Engineering Contradictions & Design Principles
Engineering Contradiction Analysis
1Speed
If local search methods are used to optimize drilling parameters, then optimization speed is improved, but the system gets stuck at local optimum points
Solution Approach 1:
The patent combines global search methods (genetic algorithms) with local search methods (gradient descent) into a hybrid optimization system. The global search explores the entire parameter space to find promising regions, while the local search refines solutions within those regions. This merging allows the system to maintain both exploration capability (avoiding local optima) and exploitation efficiency (fast convergence), directly resolving the contradiction between optimization speed and avoiding local optimum traps.
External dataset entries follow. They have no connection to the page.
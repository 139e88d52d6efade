-- ===== src/Store/Sqlite/Policies.antt =====
-- server/internal/store/sqlite/policies.go and signer.go: versions of policies, one of which is active for
-- each name. The table is the list of its rows; the statements of SQL are functions of the list. A
-- database that fails is left out, apart from the rows that its constraints refuse.
use authpilot.Common.{
  ℕ, String, Bool, true, false, not, ◌&&◌, ◌||◌, Option, none, some, List, [], ◌∷◌, ◌++◌, ◌==◌,
  if◌then◌else◌, any, keep, map,
}
use authpilot.Domain.{Policy}

-- `policySigner`: a key pair, as what it makes of a text and what it accepts
pub record Signer : Type 0 where
  pub sign : String → String
  pub verify : (text signature : String) → Bool

pub data PolicyError : Type 0 where
  not_found tampered refused : PolicyError

pub data PolicyResult : Type 0 where
  policy : Policy → PolicyResult
  no_policy : PolicyError → PolicyResult

-- the primary key, and the unique index of the table
abbrev pub clashes : Policy → Policy → Bool
clashes p q = (q.id == p.id) || ((q.name == p.name) && (q.version == p.version))

unfoldable pub create : List Policy → Policy → List Policy × PolicyResult
create rows p =
    if any (clashes p) rows then (rows, no_policy refused) else (rows ++ (p ∷ []), policy p)

-- the first row that passes the test
unfoldable pub first_row : (Policy → Bool) → List Policy → Option Policy
first_row test [] = none
first_row test (p ∷ rows) = let later = first_row test rows in if test p then some p else later

abbrev pub scanned : Option Policy → PolicyResult
scanned none = no_policy not_found
scanned (some p) = policy p

unfoldable pub get_by_id : List Policy → String → PolicyResult
unfolding first_row
get_by_id rows id = scanned (first_row (λ p. p.id == id) rows)

-- the check of the signature, where there is one
unfoldable pub checked : Option Signer → Policy → PolicyResult
checked none p = policy p
checked (some signer) p =
    if not (p.signature == "") && not (signer.verify p.content_hash p.signature)
    then no_policy tampered
    else policy p

unfoldable pub get_by_name : Option Signer → List Policy → String → PolicyResult
unfolding first_row checked
get_by_name signer rows name = elim (first_row (λ p. (p.name == name) && p.active) rows) [
  | none ↦ no_policy not_found
  | some p ↦ checked signer p
]

-- the two updates of the transaction in `Activate`, on one row
unfoldable pub deactivated : String → Policy → Policy
deactivated name p =
    if p.name == name then record p { active = false; activated_at = none; signature = "" } else p

unfoldable pub made_active : String → ℕ → String → Policy → Policy
made_active id at signature p =
    if p.id == id
    then record p { active = true; activated_at = some at; signature = signature }
    else p

abbrev pub signature_of : Option Signer → String → String
signature_of none hash = ""
signature_of (some signer) hash = signer.sign hash

unfoldable pub activate :
    Option Signer → List Policy → String → ℕ → List Policy × Option PolicyError
unfolding first_row deactivated made_active
activate signer rows id at = elim (first_row (λ p. p.id == id) rows) [
  | none ↦ (rows, some not_found)
  | some p ↦ (
    map (made_active id at (signature_of signer p.content_hash)) (map (deactivated p.name) rows),
    none,
  )
]

unfoldable pub delete : List Policy → String → List Policy × Option PolicyError
delete rows id =
    if any (λ p. p.id == id) rows
    then (keep (λ p. not (p.id == id)) rows, none)
    else (rows, some not_found)
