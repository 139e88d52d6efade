-- ===== src/Opa/Policies.antt =====
-- The handlers that administer stored policies, over any store of policies, and the evaluation by name.
use authpilot.Common.{ℕ, String, Bool, Option, none, some, List, [], ◌∷◌, ◌==◌, if◌then◌else◌}
use authpilot.Domain.{Policy, zero_policy}
use authpilot.Store.{Result, ok, err, message}
use authpilot.Store.Sqlite.Policies.{
  PolicyError, PolicyResult, policy, no_policy, not_found, tampered, refused,
}
use authpilot.Opa.{OpaConfig, EvalOptions, compile_error, Evaluation, failed, Rego, eval}
use authpilot.Opa.Requests.{
  OpaAnswer, answered, opa_error, PolicyLookup, named, not_named, lookup_failed,
}

-- the interface of the store
pub record PolicyStore (S : Type 0) : Type 0 where
  pub create : S → Policy → S × PolicyResult
  pub get_by_id : S → String → PolicyResult
  pub get_by_name : S → String → PolicyResult
  pub list : S → Result (List Policy)
  pub activate : S → String → ℕ → S × Option PolicyError
  pub delete : S → String → S × Option PolicyError

pub record PolicyCreateRequest : Type 0 where
  pub name : String
  pub version : String
  pub content : String

-- what is shown of a policy: all but the signature
pub record PolicyResponse : Type 0 where
  pub id : String
  pub name : String
  pub version : String
  pub content : String
  pub content_hash : String
  pub active : Bool
  pub created_at : ℕ
  pub activated_at : Option ℕ

pub record ActivateResponse : Type 0 where
  pub id : String
  pub name : String
  pub version : String
  pub active : Bool
  pub activated_at : ℕ

unfoldable pub policy_to_response : Policy → PolicyResponse
policy_to_response p = record {
  id = p.id;
  name = p.name;
  version = p.version;
  content = p.content;
  content_hash = p.content_hash;
  active = p.active;
  created_at = p.created_at;
  activated_at = p.activated_at;
}

-- `err.Error()`
abbrev pub policy_error_text : PolicyError → String
policy_error_text not_found = "not found"
policy_error_text tampered = "policy content integrity check failed"
policy_error_text refused = "insert policy: constraint failed"

abbrev pub policy_error : {A : Type 0} → PolicyError → OpaAnswer A
policy_error not_found = opa_error 404 "not_found" "policy not found"
policy_error e = opa_error 500 "server_error" (policy_error_text e)

abbrev shown : {A : Type 0} → (Policy → A) → PolicyResult → OpaAnswer A
shown show (policy p) = answered 200 (show p)
shown show (no_policy e) = policy_error e

-- the text of a policy that does not compile; a policy that is late or fails otherwise is let through
abbrev pub compile_failure : Evaluation → Option String
compile_failure (failed (compile_error text)) = some text
compile_failure _ = none

unfoldable pub show_each : List Policy → List PolicyResponse
unfolding policy_to_response
show_each [] = []
show_each (p ∷ ps) = policy_to_response p ∷ show_each ps

-- the policy that is stored for a request; `sha256_hex` is the hash of its content
unfoldable pub new_policy :
    (sha256_hex : String → String) → (id : String) → ℕ → PolicyCreateRequest → Policy
new_policy sha256_hex id now req = record zero_policy {
  id = id;
  name = req.name;
  version = req.version;
  content = req.content;
  content_hash = sha256_hex req.content;
  created_at = now;
}

-- the answer to a creation
abbrev pub created_policy : {S : Type 0} → S × PolicyResult → S × OpaAnswer PolicyResponse
created_policy (s, policy p) = (s, answered 201 (policy_to_response p))
created_policy (s, no_policy e) = (s, opa_error 500 "server_error" (policy_error_text e))

-- the answer to a deletion, with nothing to show
abbrev pub deleted_policy : {S : Type 0} → S × Option PolicyError → S × OpaAnswer Unit
deleted_policy (s, none) = (s, answered 204 tt)
deleted_policy (s, some e) = (s, policy_error e)

module _ {S : Type 0} (policies : PolicyStore S) where
  unfoldable pub list_policies : S → OpaAnswer (List PolicyResponse)
  unfolding show_each
  list_policies s = elim (policies.list s) [
    | err e ↦ opa_error 500 "server_error" (message e)
    | ok all ↦ answered 200 (show_each all)
  ]

  unfoldable pub create_policy :
      OpaConfig
      → Rego
      → (sha256_hex : String → String) → S
      → String
      → ℕ
      → PolicyCreateRequest
      → S × OpaAnswer PolicyResponse
  unfolding new_policy policy_to_response
  create_policy cfg rego sha256_hex s id now req =
      if req.name == ""
      then (s, opa_error 400 "validation_error" "'name' is required")
      else if req.version == ""
      then (s, opa_error 400 "validation_error" "'version' is required")
      else if req.content == ""
      then (s, opa_error 400 "validation_error" "'content' is required")
      else let trial : EvalOptions = record {
        policy_text = req.content;
        data_map = [];
        input = [];
        query = "data.authz.allow";
        with_trace = Bool.false;
        compile_timeout = 0;
        eval_timeout = 0;
      } in
        elim (compile_failure (eval cfg rego trial)) [
          | some text ↦ (s, opa_error 400 "compile_error" text)
          | none ↦ created_policy (policies.create s (new_policy sha256_hex id now req))
        ]

  unfoldable pub get_policy : S → String → OpaAnswer PolicyResponse
  unfolding policy_to_response
  get_policy s id = shown policy_to_response (policies.get_by_id s id)

  unfoldable pub delete_policy : S → String → S × OpaAnswer Unit
  delete_policy s id = deleted_policy (policies.delete s id)

  -- the policy is read again after the activation
  abbrev activated : S → String → ℕ → OpaAnswer ActivateResponse
  activated s id now = elim (policies.get_by_id s id) [
    | no_policy e ↦ opa_error 500 "server_error" (policy_error_text e)
    | policy p ↦ answered 200 (record {
      id = p.id;
      name = p.name;
      version = p.version;
      active = p.active;
      activated_at = now;
    })
  ]

  abbrev pub after_activation : String → ℕ → S × Option PolicyError → S × OpaAnswer ActivateResponse
  after_activation id now (s, some e) = (s, policy_error e)
  after_activation id now (s, none) = (s, activated s id now)

  unfoldable pub activate_policy : S → String → ℕ → S × OpaAnswer ActivateResponse
  activate_policy s id now = after_activation id now (policies.activate s id now)

  -- the lookup of `evaluateHandler`
  unfoldable pub by_name : S → String → PolicyLookup
  by_name s name = elim (policies.get_by_name s name) [
    | policy p ↦ named p
    | no_policy e ↦ elim e [
      | tampered ↦ PolicyLookup.tampered
      | not_found ↦ not_named
      | refused ↦ lookup_failed (policy_error_text refused)
    ]
  ]
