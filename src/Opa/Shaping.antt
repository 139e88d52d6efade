-- ===== src/Opa/Shaping.antt =====
-- What a provider's personality changes of the user that a policy sees.
use authpilot.Common.{String, ◌≡◌, refl, some, Option-cases, inl, inr}
use authpilot.Common.Case.{to_lower}
use authpilot.Common.Text.{trim_space}
use authpilot.Common.GoMap.{lookup, insert, Entries, Entries-lookup}
use authpilot.Domain.{obj, arr, User}
use authpilot.Domain.Json.{fields_of}
use authpilot.Personality.{Personality, apply, add_renamed, add_extra, rename, registry, get}
use authpilot.Opa.Input.{user_claims, user_to_claims, texts}

-- the claims and the roles that a policy sees of a user
abbrev IsUnshaped : Personality → User → Type 0
IsUnshaped p user =
    (lookup "claims" (apply p (user_to_claims user)) ≡ some (obj (fields_of (user_claims user))))
    × (lookup "roles" (apply p (user_to_claims user)) ≡ some (arr (texts user.groups)))

registered : (user : User) → Entries (λ k p. IsUnshaped p user) registry
unfolding apply add_renamed add_extra rename lookup insert user_to_claims
registered user = (
  (refl, refl),
  (
    (refl, refl),
    ((refl, refl), ((refl, refl), ((refl, refl), ((refl, refl), ((refl, refl), tt))))),
  ),
)

-- Whatever provider a request names, the policy sees the claims of the user under their own names and the
-- roles of the user: no claim is renamed as the provider names it.
pub get-IsUnshaped :
    (id : String) (user : User)
    → (lookup "claims" (apply (get id) (user_to_claims user))
        ≡ some (obj (fields_of (user_claims user))))
      × (lookup "roles" (apply (get id) (user_to_claims user)) ≡ some (arr (texts user.groups)))
unfolding get
get-IsUnshaped id user = elim (Option-cases (lookup (to_lower (trim_space id)) registry)) [
  | inl (p, e) ↦
      rw (e, get)
        (Entries-lookup (λ k p. IsUnshaped p user) (to_lower (trim_space id)) p registry
          (registered user) e)
  | inr e ↦ rw (e, get) (registered user).0
]
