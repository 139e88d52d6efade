-- ===== src/Opa/Validate.antt =====
-- The check of a policy document.
use Prim.Native.String
use authpilot.Common.{
  String, Bool, true, false, ◌&&◌, ◌||◌, Option, none, some, List, [], ◌∷◌, ◌++◌, ◌==◌,
  if◌then◌else◌, sort_by,
}
use authpilot.Common.Case.{cut}
use authpilot.Common.GoMap.{GoMap, lookup}
use authpilot.Domain.{Value, str, obj}
use authpilot.Opa.Diff.{as_map}

pub record ValidateRequest : Type 0 where
  pub data_map : GoMap Value
  pub schema : String

pub record ValidateResponse : Type 0 where
  pub valid : Bool
  pub errors : List String
  pub warnings : List String

abbrev join : String → String → String
join a b = String.◌++◌ a b

abbrev quote : String → String
quote s = join "\"" (join s "\"")

abbrev pub is_state : String → Bool
is_state s = (s == "allow") || (s == "deny") || (s == "conditional")

abbrev pub state_error : String → String → String → String
state_error resource action s = join "permissions." (
    join resource (
      join ": invalid state " (
        join (quote s)
          (join " for action " (join (quote action) " (must be allow|deny|conditional)")))))

-- the loop over the actions of a role
unfoldable pub state_errors : String → GoMap Value → List String
state_errors resource [] = []
state_errors resource ((action, v) ∷ actions) =
    let rest = state_errors resource actions in
    elim v [ str s ↦ if is_state s then rest else state_error resource action s ∷ rest | _ ↦ rest ]

-- the loop over the roles of a resource
unfoldable pub role_state_errors : String → GoMap Value → List String
unfolding state_errors
role_state_errors resource [] = []
role_state_errors resource ((role, actions) ∷ roles) =
    state_errors resource (as_map (some actions)) ++ role_state_errors resource roles

-- the checks that apply whatever the schema is
unfoldable pub universal_errors : GoMap Value → List String
unfolding role_state_errors
universal_errors [] = []
universal_errors ((resource, roles) ∷ perms) =
    role_state_errors resource (as_map (some roles)) ++ universal_errors perms

-- the roles of a resource that are not defined
unfoldable pub undefined_roles : GoMap Value → String → GoMap Value → List String
undefined_roles defined resource [] = []
undefined_roles defined resource ((role, v) ∷ roles) =
    let rest = undefined_roles defined resource roles in
    elim (lookup role defined) [
      | some _ ↦ rest
      | none ↦
          join "permissions."
            (join resource (join ": role " (join (quote role) " not defined in roles")))
          ∷ rest
    ]

unfoldable pub undefined_role_errors : GoMap Value → GoMap Value → List String
unfolding undefined_roles
undefined_role_errors defined [] = []
undefined_role_errors defined ((resource, roles) ∷ perms) =
    undefined_roles defined resource (as_map (some roles)) ++ undefined_role_errors defined perms

abbrev has_level : GoMap Value → Bool
has_level m = elim (lookup "level" m) [ none ↦ false | some _ ↦ true ]

unfoldable pub level_errors : GoMap Value → List String
level_errors [] = []
level_errors ((role, v) ∷ roles) =
    let rest = level_errors roles in
    let missing = join "roles." (join role ": missing required 'level' field") in
    elim v [
      | obj fs ↦ if has_level (as_map (some (obj fs))) then rest else missing ∷ rest
      | _ ↦ rest
    ]

-- what stands before the first dot
abbrev top_of : String → String
top_of resource = elim (cut b'.' resource) [ none ↦ resource | some (top, below) ↦ top ]

unfoldable pub system_warnings : GoMap Value → GoMap Value → List String
system_warnings systems [] = []
system_warnings systems ((resource, v) ∷ perms) =
    let rest = system_warnings systems perms in
    elim (lookup (top_of resource) systems) [
      | some _ ↦ rest
      | none ↦
          join "permissions resource " (join (quote resource) " has no matching entry in systems")
          ∷ rest
    ]

abbrev is_map : Option Value → Bool
is_map (some (obj fs)) = true
is_map _ = false

-- the checks of the schema `tristate`: errors, and warnings
unfoldable pub tristate_errors : GoMap Value → List String
unfolding undefined_role_errors level_errors
tristate_errors doc =
    let roles = lookup "roles" doc in
    let perms = lookup "permissions" doc in
    if is_map roles && is_map perms
    then undefined_role_errors (as_map roles) (as_map perms) ++ level_errors (as_map roles)
    else []

unfoldable pub tristate_warnings : GoMap Value → List String
unfolding system_warnings
tristate_warnings doc =
    let systems = lookup "systems" doc in
    if is_map systems
    then system_warnings (as_map systems) (as_map (lookup "permissions" doc))
    else []

unfoldable pub validate : ValidateRequest → ValidateResponse
unfolding universal_errors tristate_errors tristate_warnings
validate req =
    let is_tristate = req.schema == "tristate" in
    let errors =
      universal_errors (as_map (lookup "permissions" req.data_map))
      ++ (if is_tristate then tristate_errors req.data_map else []) in
    record {
      valid = elim errors [ [] ↦ true | _ ↦ false ];
      errors = sort_by (λ x. x) errors;
      warnings = sort_by (λ x. x) (if is_tristate then tristate_warnings req.data_map else []);
    }
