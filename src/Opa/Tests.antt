-- ===== src/Opa/Tests.antt =====
-- The theorems about the policy engine, at small requests.
use authpilot.Common.{
  ==-false→ne, ◌*◌, String, ◌≡◌, refl, true, false, not, ◌&&◌, Option, none, some, [], ◌∷◌, ◌==◌,
  if◌then◌else◌, contains, inl, arith,
}
use authpilot.Common.Case.{cut}
use authpilot.Common.GoMap.{GoMap, lookup}
use authpilot.Domain.{Value, Fields, bool, str, obj, end, field, User, zero_user}
use authpilot.Store.{ok, err, not_found}
use authpilot.Opa.{
  TenantBudget, DecisionLogConfig, OpaConfig, budget_for, EvalOptions, Rego, evaluated,
}
use authpilot.Opa.Log.{
  DecisionEntry, written, redact_all, effective_redact_fields, effective_scrub, kept_lines,
}
use authpilot.Opa.Input.{UserLookup}
use authpilot.Opa.Evaluate.{evaluate}
use authpilot.Opa.Requests.{TimeoutOverride, EvaluateRequest, PolicyLookup, not_named}
use authpilot.Opa.Diff.{compute_diff, string_keys, map_field, is_nil}
use authpilot.Opa.Validate.{validate}
use authpilot.Opa.Limits.{AtMost, AtMostGiven, IsNaturalBudget, global_budget, budget_for-AtMost}
use authpilot.Opa.Deadlines.{bound, clipped, evaluate-clipped}
use authpilot.Opa.Decisions.{evaluate-ignores_tenant_log}
use authpilot.Opa.Redaction.{value_at, split_path}
use authpilot.Opa.Hidden.{IsHidden, written-IsHidden}
use authpilot.Opa.DiffLaws.{compute_diff-major}

abbrev logging : DecisionLogConfig
logging = record {
  enabled = true;
  include_input = true;
  include_policy = false;
  destination = "";
  redact_fields = "user.claims.email" ∷ "token" ∷ [];
  scrub_policy_credentials = false;
  retention_days = 30;
}

-- a tenant with a tighter deadline, which wants one more path redacted
abbrev acme_budget : TenantBudget
acme_budget = record {
  eval_timeout = 1000000000;
  compile_timeout = 1000000000;
  max_policy_bytes = 0;
  max_data_bytes = 0;
  max_batch_checks = 10;
  decision_log = some (record {
    additional_redact_fields = "user.claims.ssn" ∷ [];
    scrub_policy_credentials = true;
    retention_days = 7;
  });
}

abbrev settings : OpaConfig
settings = record {
  compile_timeout = 2000000000;
  eval_timeout = 5000000000;
  max_policy_bytes = 65536;
  max_data_bytes = 5242880;
  max_batch_checks = 100;
  max_concurrent = 4;
  decision_log = logging;
  tenant_budgets = ("acme", acme_budget) ∷ [];
}

budget_for-AtMost_example :
    AtMost (budget_for settings "acme") (global_budget settings)
    × ((ov : TenantBudget)
        → lookup "acme" settings.tenant_budgets ≡ some ov
        → IsNaturalBudget ov
        → AtMostGiven (budget_for settings "acme") ov)
budget_for-AtMost_example = budget_for-AtMost settings "acme" (omega arith)

abbrev no_options : EvalOptions
no_options = record {
  policy_text = "package authz";
  data_map = [];
  input = [];
  query = "";
  with_trace = false;
  compile_timeout = 0;
  eval_timeout = 0;
}

abbrev half_a_second : TimeoutOverride
half_a_second = record { compile_ms = 500; eval_ms = 500 }

-- a policy engine that grants all, in three milliseconds
abbrev grants : Rego
grants compile_dl eval_dl query opts = evaluated ((bool true ∷ []) ∷ []) [] 3

abbrev ada : User
ada = record zero_user {
  id = "u1";
  email = "ada@x.org";
  groups = "admins" ∷ [];
  claims = ("ssn", str "123") ∷ [];
}

abbrev only_ada : UserLookup
only_ada = some (λ id. if id == "u1" then ok ada else err not_found)

abbrev no_policies : String → PolicyLookup
no_policies name = not_named

abbrev ask : EvaluateRequest
ask = record {
  policy = "package authz";
  policy_name = "";
  data_map = [];
  input = none;
  user_id = "u1";
  action = "read";
  resource = "";
  context = [];
  provider = "";
  query = "";
  trace = false;
  timeouts = none;
}

abbrev logged_entry : Option DecisionEntry → DecisionEntry
logged_entry (some entry) = entry
logged_entry none = record {
  timestamp = 0;
  request_id = "";
  tenant_id = "";
  user_id = "";
  action = "";
  resource = "";
  allow = false;
  decision = "";
  policy_version = "";
  content_hash = "";
  eval_ms = 0;
  input = none;
  policy = "";
  tenant_overrides = none;
}

abbrev entry : DecisionEntry
entry = logged_entry (evaluate settings grants only_ada no_policies 9 "acme" ask).1

-- the tenant wants its path redacted, and is not heard
evaluate-ignores_tenant_log_example :
    (effective_redact_fields logging entry.tenant_overrides ≡ logging.redact_fields)
    × (effective_scrub logging entry.tenant_overrides ≡ false)
unfolding evaluate budget_for lookup authpilot.Opa.Input.resolve_user authpilot.Opa.eval
evaluate-ignores_tenant_log_example =
    evaluate-ignores_tenant_log settings grants only_ada no_policies 9 "acme" ask entry refl

abbrev ask_all : EvaluateRequest
ask_all = record ask { provider = "all" }

abbrev secret_input : Fields
secret_input =
    field "user" (obj (field "claims" (obj (field "email" (str "ada@x.org") end)) end))
      (field "token" (str "t") end)

abbrev secret : DecisionEntry
secret = record (logged_entry none) { input = some secret_input }

abbrev redacted_input : Fields
redacted_input = redact_all secret_input logging.redact_fields

redacts :
    redacted_input
    ≡ field "user"
        (obj (field "claims" (obj (field "email" (str "[REDACTED]") end)) end))
        (field "token" (str "[REDACTED]") end)
unfolding redact_all cut
redacts = refl

-- a policy engine that takes the whole of its deadline
abbrev slow : Rego
slow compile_dl eval_dl query opts = evaluated ((bool true ∷ []) ∷ []) [] eval_dl

abbrev ask_in_half_a_second : EvaluateRequest
ask_in_half_a_second = record ask { timeouts = some half_a_second }

evaluate-clipped_example :
    let budget = budget_for settings "acme" in
    evaluate settings
      (clipped (bound budget.compile_timeout 500) (bound budget.eval_timeout 500) slow)
      only_ada
      no_policies
      9
      "acme"
      ask_in_half_a_second
    ≡ evaluate settings slow only_ada no_policies 9 "acme" ask_in_half_a_second
unfolding budget_for lookup
evaluate-clipped_example =
    evaluate-clipped settings slow only_ada no_policies 9 "acme" ask_in_half_a_second (omega arith)
      (omega arith) (omega arith) (==-false→ne "" "all" refl) (omega arith) (omega arith)

written-IsHidden_example : IsHidden (value_at (obj redacted_input) (split_path "user.claims.email"))
unfolding written
written-IsHidden_example =
    written-IsHidden logging (λ s. s) secret (logged_entry (written logging (λ s. s) secret))
      redacted_input "user.claims.email" refl refl (inl refl)

abbrev one_role : GoMap Value
one_role = ("roles", obj (field "admin" (obj end) end)) ∷ []

compute_diff-major_example :
    let r = compute_diff one_role [] in
    ((r.recommended_bump == "major") ≡ not (is_nil r.added_roles && is_nil r.removed_roles))
    × ((role : String)
        → contains r.added_roles role ≡ (
            contains (string_keys (map_field [] "roles")) role
            && not (contains (string_keys (map_field one_role "roles")) role)))
    × ((role : String)
        → contains r.removed_roles role ≡ (
            contains (string_keys (map_field one_role "roles")) role
            && not (contains (string_keys (map_field [] "roles")) role)))
compute_diff-major_example = compute_diff-major one_role []

-- a line of the tenant that is eight days old goes, one that cannot be read stays
prunes :
    kept_lines
      (λ line. if line == "old" then some (86400000000000, "acme") else none)
      (9 * 86400000000000)
      30
      settings.tenant_budgets
      ("old" ∷ "" ∷ "junk" ∷ [])
    ≡ ("junk" ∷ [])
unfolding kept_lines lookup
prunes = refl

rejects_state :
    (validate (record {
      data_map =
          (
            "permissions",
            obj (field "doc" (obj (field "admin" (obj (field "read" (str "maybe") end)) end)) end),
          )
          ∷ [];
      schema = "";
    })).valid
    ≡ false
unfolding validate lookup authpilot.Domain.Json.map_of
rejects_state = refl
2Adaptability or versatility
If global search methods are used to optimize drilling parameters, then adaptability to changing conditions is improved, but computational complexity increases
Solution Approach 1:
The patent implements a two-stage optimization process where global search is performed first to identify promising parameter regions, and then local search is applied to refine solutions. This preliminary action of global exploration followed by local refinement allows the system to adapt to changing drilling conditions effectively while managing computational complexity by avoiding exhaustive global search at every optimization step.
Solution Approach 2:
The hybrid optimization system dynamically switches between global and local search modes based on drilling conditions and optimization progress. When drilling conditions change significantly, the system activates global search to explore new parameter spaces; when conditions are stable, it uses local search for efficient refinement. This dynamic adaptation balances computational complexity with adaptability to changing conditions.
3Ease of operation
If single parameter optimization is used to increase ROP, then simplicity of operation is maintained, but overall drilling performance deteriorates
Solution Approach 1:
The patent optimizes multiple drilling parameters simultaneously (weight on bit, rotary speed, drill bit type, etc.) rather than single parameter optimization. The hybrid optimization system evaluates combinations of parameter changes to maximize ROP while considering interdependencies between parameters. This multi-parameter optimization approach significantly improves overall drilling performance compared to simple single-parameter control, while the automated system maintains ease of operation.
Data Source
AI summary
Combined methods and systems for optimizing drilling related operations include global search engines and local search engines to find the optimal value for at least one controllable drilling parameter, and a data fusion module to combine or select the operational recommendations from global and local search engines. The operational recommendations are used to optimize the objective function, mitigate dysfunctions, and improve drilling efficiency.